15 Jénine a servi pendant des années de seconde « capitale » économique aux Arabes du nord d’Israël. Jusqu’à l’automne 2000, de larges secteurs de la société arabe israélienne considéraient Ramallah comme leur capitale culturelle.

Migrations arabes en Israël

16 Les accords d’Oslo ont fait des frontières entre Israël et les territoires une passoire pour les gens, les biens et les infrastructures. Semblable situation autorise une immigration indésirable voire dangereuse de Palestiniens en Israël; des populations pauvres attirées par un pays relativement riche. Par laisser-aller et le biais des relations de mariage (principalement chez les Bédouins qui achètent et importent des femmes).

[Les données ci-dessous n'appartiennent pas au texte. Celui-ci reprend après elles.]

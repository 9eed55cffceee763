-- ===== src/Query/Index.antt =====
-- The fields that an answer holds: `containedIn`, and the selections of queries.
use opendht.Prelude.{
  ℕ, suc, ◌≤◌, ◌≡◌, sym, ap, refl, subst, true, List, [], ◌∷◌, map, inl, inr, arith, length,
  Bool-cases,
}
use opendht.Hash.{Hash}
use opendht.Value.{Value}
use opendht.Query.{
  Field, no_field, id, value_type, owner_pk, seq_num, user_type, count, same_field, FieldValue,
  contains, subset, Select, select_satisfied, keep_selected, get_selection, every_field,
  index_fields, index_of, index_value, has_fields, contained_in,
}
use opendht.Query.Satisfied.{same_field_eq}

contains_trans :
    (f : Field) (s t : Select)
    → contains same_field f s ≡ true
    → subset same_field s t ≡ true
    → contains same_field f t ≡ true
unfolding contains subset
contains_trans f [] t e h = absurd cc
contains_trans f (g ∷ s) t e h = elim (Bool-cases (same_field f g)) [
  | inl same ↦
      subst (λ x. contains same_field x t ≡ true) (sym (same_field_eq f g same)) (ground (arith, h))
  | inr other ↦ contains_trans f s t (ground (arith, e, other)) (ground (arith, h))
]

length-keep_selected-le :
    (s t : Select) (fs : List Field)
    → subset same_field s t ≡ true
    → length (keep_selected s fs) ≤ length (keep_selected t fs)
unfolding keep_selected
length-keep_selected-le s t [] h = omega arith
length-keep_selected-le s t (f ∷ fs) h =
    ground (arith, contains_trans f s t, length-keep_selected-le s t fs h)

contains-keep_selected :
    (f : Field) (t : Select) (fs : List Field)
    → contains same_field f t ≡ true
    → contains same_field f fs ≡ true
    → contains same_field f (keep_selected t fs) ≡ true
unfolding contains keep_selected
contains-keep_selected f t [] h e = absurd cc
contains-keep_selected f t (g ∷ fs) h e = elim (Bool-cases (same_field f g)) [
  | inl same ↦
      let there = subst (λ x. contains same_field x t ≡ true) (same_field_eq f g same) h in
      ground (arith, there, same)
  | inr other ↦ ground (arith, contains-keep_selected f t fs h, other, e)
]

contains-every_field : (f : Field) → contains same_field f every_field ≡ true
unfolding contains
contains-every_field no_field = refl
contains-every_field id = refl
contains-every_field value_type = refl
contains-every_field owner_pk = refl
contains-every_field seq_num = refl
contains-every_field user_type = refl
contains-every_field count = refl

abbrev entries : (Field → FieldValue) → List Field → List (Field × FieldValue)
entries entry fs = map (λ f. (f, entry f)) fs

fields_of :
    (entry : Field → FieldValue) (fs : List Field)
    → map (λ (e : Field × FieldValue). e.0) (entries entry fs) ≡ fs
fields_of entry [] = refl
fields_of entry (f ∷ fs) = ap (λ t. f ∷ t) (fields_of entry fs)

length-entries :
    (entry : Field → FieldValue) (fs : List Field) → length (entries entry fs) ≡ length fs
length-entries entry [] = refl
length-entries entry (f ∷ fs) = ap suc (length-entries entry fs)

has_fields-keep_selected :
    (entry : Field → FieldValue) (s t : Select) (fs : List Field)
    (other : List (Field × FieldValue))
    → subset same_field s t ≡ true
    → map (λ (e : Field × FieldValue). e.0) other ≡ get_selection t
    → has_fields (entries entry (keep_selected s fs)) other ≡ true
unfolding has_fields keep_selected get_selection
has_fields-keep_selected entry s t [] other h e = refl
has_fields-keep_selected entry s t (f ∷ fs) other h e =
    elim (Bool-cases (contains same_field f s)) [
      | inl chosen ↦
          let there =
            contains-keep_selected f t every_field (contains_trans f s t chosen h)
              (contains-every_field f) in
          let found = subst (λ l. contains same_field f l ≡ true) (sym e) there in
          rw chosen (ground (arith, found, has_fields-keep_selected entry s t fs other h e))
      | inr dropped ↦ rw dropped (has_fields-keep_selected entry s t fs other h e)
    ]

-- If the selection of a query is satisfied by that of another, then the fields that an answer to the
-- query holds of a value are among those that an answer to the other holds.
pub satisfied-contained_in :
    (key_id : ℕ → Hash) (v : Value) (s t : Select)
    → select_satisfied s t ≡ true
    → contained_in (index_of key_id v s) (index_of key_id v t) ≡ true
unfolding contained_in index_of select_satisfied index_fields get_selection has_fields
satisfied-contained_in key_id v [] [] h = refl
satisfied-contained_in key_id v [] (g ∷ t) h = absurd cc
satisfied-contained_in key_id v (f ∷ s) [] h = absurd (ground (arith, h))
satisfied-contained_in key_id v (f ∷ s) (g ∷ t) h =
    let entry : Field → FieldValue = index_value key_id v in
    let shorter = length-keep_selected-le (f ∷ s) (g ∷ t) every_field h in
    let within =
      has_fields-keep_selected entry (f ∷ s) (g ∷ t) every_field
        (entries entry (get_selection (g ∷ t))) h (fields_of entry (get_selection (g ∷ t))) in
    let l = length-entries entry (keep_selected (f ∷ s) every_field) in
    let l' = length-entries entry (keep_selected (g ∷ t) every_field) in
    ground (arith, within, shorter, l, l')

Mais de 1967 à 2000, ce sont quelque 70000 à 80000 Palestiniens de Judée et de Samarie qui sont entrés et se sont installés dans l’illégalité à Jérusalem-Est. 70000 autres Palestiniens (de Judée-Samarie, Gaza et même de Jordanie) ont pénétré en Israël de façon tout aussi illégale pour y faire des séjours provisoires ou prolongés. Cet afflux n’a pas été stoppé avec les fermetures et bouclages opérés par l’armée israélienne durant l’Intifada d’al-Aqsa et il se poursuivra durablement tant qu’une clôture ne séparera pas Israël des territoires palestiniens[7] [7] Cf. A. Soffer, « Geo-demographic Aspects of Agreements »,...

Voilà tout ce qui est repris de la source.